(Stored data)
--------------------------------------------------

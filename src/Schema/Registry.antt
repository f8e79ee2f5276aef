-- ===== src/Schema/Registry.antt =====
-- The registry as a map from names to schemas that is never overwritten.
use synthgen_core.Prelude.{Text, text_eq, true, false, ◌≡◌, ◌⊎◌, arith, if◌then◌else◌}
use synthgen_core.Prelude.Dict.{find-insert}
use synthgen_core.Common.Result.{ok, FailsWith, duplicate_type_name, not_found}
use synthgen_core.Schema.{Schema, SchemaRegistry, has_schema, get_schema, register_schema}

module _ {F : Type 0} where
  -- Registering a schema under a name that is taken fails and leaves the registry as it was. Under a
  -- new name it succeeds; then that name gives the schema, and every other name what it gave.
  pub get_schema-register_schema :
      (s : Schema F) (registry : SchemaRegistry F) (name : Text)
      → let (result, after) = register_schema s registry in
        ((has_schema registry s.type_name ≡ true)
          × FailsWith duplicate_type_name result
          × (after ≡ registry))
        ⊎ ((has_schema registry s.type_name ≡ false)
            × (result ≡ ok tt)
            × (get_schema after name
                ≡ (if text_eq s.type_name name then ok s else get_schema registry name)))
  unfolding register_schema has_schema get_schema
  get_schema-register_schema s registry name =
      ground (arith, find-insert s.type_name name s registry.schemas)

  -- `get_schema` succeeds exactly where `has_schema` answers true.
  get_schema-has_schema :
      (registry : SchemaRegistry F) (name : Text)
      → ((has_schema registry name ≡ true) × ((s : Schema F) × (get_schema registry name ≡ ok s)))
        ⊎ ((has_schema registry name ≡ false) × FailsWith not_found (get_schema registry name))
  unfolding has_schema get_schema
  get_schema-has_schema registry name = ground arith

--------------------------------------------------

_Work request_
From the line containing "name ≡ ok s)))" down to the last line of the records, transcribe every line exactly and add nothing else.

_The completed task_
      → ((has_schema registry name ≡ true) × ((s : Schema F) × (get_schema registry name ≡ ok s)))
        ⊎ ((has_schema registry name ≡ false) × FailsWith not_found (get_schema registry name))
  unfolding has_schema get_schema
  get_schema-has_schema registry name = ground arith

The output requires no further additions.